▸ **YOUR GOAL**:
Line by line, check the data for the string "clock" and state how many lines have it, nothing more.

§

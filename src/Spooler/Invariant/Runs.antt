-- ===== src/Spooler/Invariant/Runs.antt =====
-- Every run of `main` of hw4/src/main.c keeps what holds of the tables.
use c_language.Prelude.{ℕ, suc, refl, Option, none, some, List, [], ◌∷◌, arith}
use c_language.Spooler.State.{
  Text, Spooler, Line, Outcome, falls, continues, breaks, exits, undefined,
}
use c_language.Spooler.Texts.{file_lines}
use c_language.Spooler.Rounds.{
  Session, waiting, ended, crashed, prepend, after_body, file_loop, session, enter, empty_spooler,
  spool,
}
use c_language.Spooler.Invariant.{holders, busy_at, IsSpooler}
use c_language.Spooler.Invariant.Tables.{Always}
use c_language.Spooler.Invariant.Rounds.{file_round-IsSpooler, round-IsSpooler}

-- What holds of the tables wherever a session has come to.
abbrev pub Leaves : (Spooler → Type 0) → Session → Type 0
Leaves P (waiting s out) = P s
Leaves P (ended s out) = P s
Leaves P crashed = Unit

prepend-Leaves :
    (out : List Line) (r : Session) → Leaves IsSpooler r → Leaves IsSpooler (prepend out r)
prepend-Leaves out (waiting s rest) h = h
prepend-Leaves out (ended s rest) h = h
prepend-Leaves out crashed h = tt

after_body-Leaves :
    (again : Spooler → Session) (leave : Spooler → List Line → Session) (o : Outcome)
    → ((s : Spooler) → IsSpooler s → Leaves IsSpooler (again s))
    → ((s : Spooler) (out : List Line) → IsSpooler s → Leaves IsSpooler (leave s out))
    → Always IsSpooler o
    → Leaves IsSpooler (after_body again leave o)
after_body-Leaves again leave (falls s out) f g i = prepend-Leaves out _ (f s i)
after_body-Leaves again leave (continues s out) f g i = prepend-Leaves out _ (f s i)
after_body-Leaves again leave (breaks s out) f g i = g s out i
after_body-Leaves again leave (exits s out) f g i = i
after_body-Leaves again leave undefined f g i = tt

module _ (clock : ℕ → ℕ) where
  file_loop-Leaves :
      (k : ℕ) (s : Spooler) (lines : List Text)
      → IsSpooler s
      → Leaves IsSpooler (file_loop clock k s lines)
  unfolding file_loop
  file_loop-Leaves k s [] i = i
  file_loop-Leaves k s (line ∷ lines) i =
      after_body-Leaves _ _ _ (λ t h. file_loop-Leaves (suc k) t lines h) (λ t out h. h)
        (file_round-IsSpooler (clock k) s line i)

  session-Leaves :
      (k : ℕ) (s : Spooler) (lines : List Text)
      → IsSpooler s
      → Leaves IsSpooler (session clock k s lines)
  unfolding session
  session-Leaves k s [] i = i
  session-Leaves k s (line ∷ lines) i =
      after_body-Leaves _ _ _ (λ t h. session-Leaves (suc k) t lines h) (λ t out h. h)
        (round-IsSpooler (clock k) s line i)

  enter-Leaves :
      (k : ℕ) (lines : List Text) (r : Session)
      → Leaves IsSpooler r
      → Leaves IsSpooler (enter clock k lines r)
  enter-Leaves k lines (waiting s out) i = prepend-Leaves out _ (session-Leaves k s lines i)
  enter-Leaves k lines (ended s out) i = i
  enter-Leaves k lines crashed i = tt

empty-IsSpooler : IsSpooler empty_spooler
unfolding holders busy_at
empty-IsSpooler = record {
  matched = record { ids = tt; served = tt; flags = tt; balanced = λ k. refl };
  names = tt;
  printers_room = omega arith;
  jobs_room = omega arith;
  types_room = omega arith;
  conversions_room = omega arith;
  printable = tt;
  declared = tt;
  jobids = tt;
}

-- Wherever a run with any command file and any lines has come to without an access that C leaves
-- undefined: the tables are within their bounds; printers and jobs are numbered by their rows, and
-- have declared types; names of printers differ; each running job has a printer of its type among
-- those that may print it; and each printer is busy exactly with the one job that chose it.
pub spool-IsSpooler :
    (clock : ℕ → ℕ) (content : Option Text) (lines : List Text)
    → Leaves IsSpooler (spool clock content lines)
unfolding spool
spool-IsSpooler clock none lines = session-Leaves clock 0 empty_spooler lines empty-IsSpooler
spool-IsSpooler clock (some content) lines =
    enter-Leaves clock _ lines _
      (file_loop-Leaves clock 0 empty_spooler (file_lines content) empty-IsSpooler)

§

▸ **TASK SOLUTION**:
12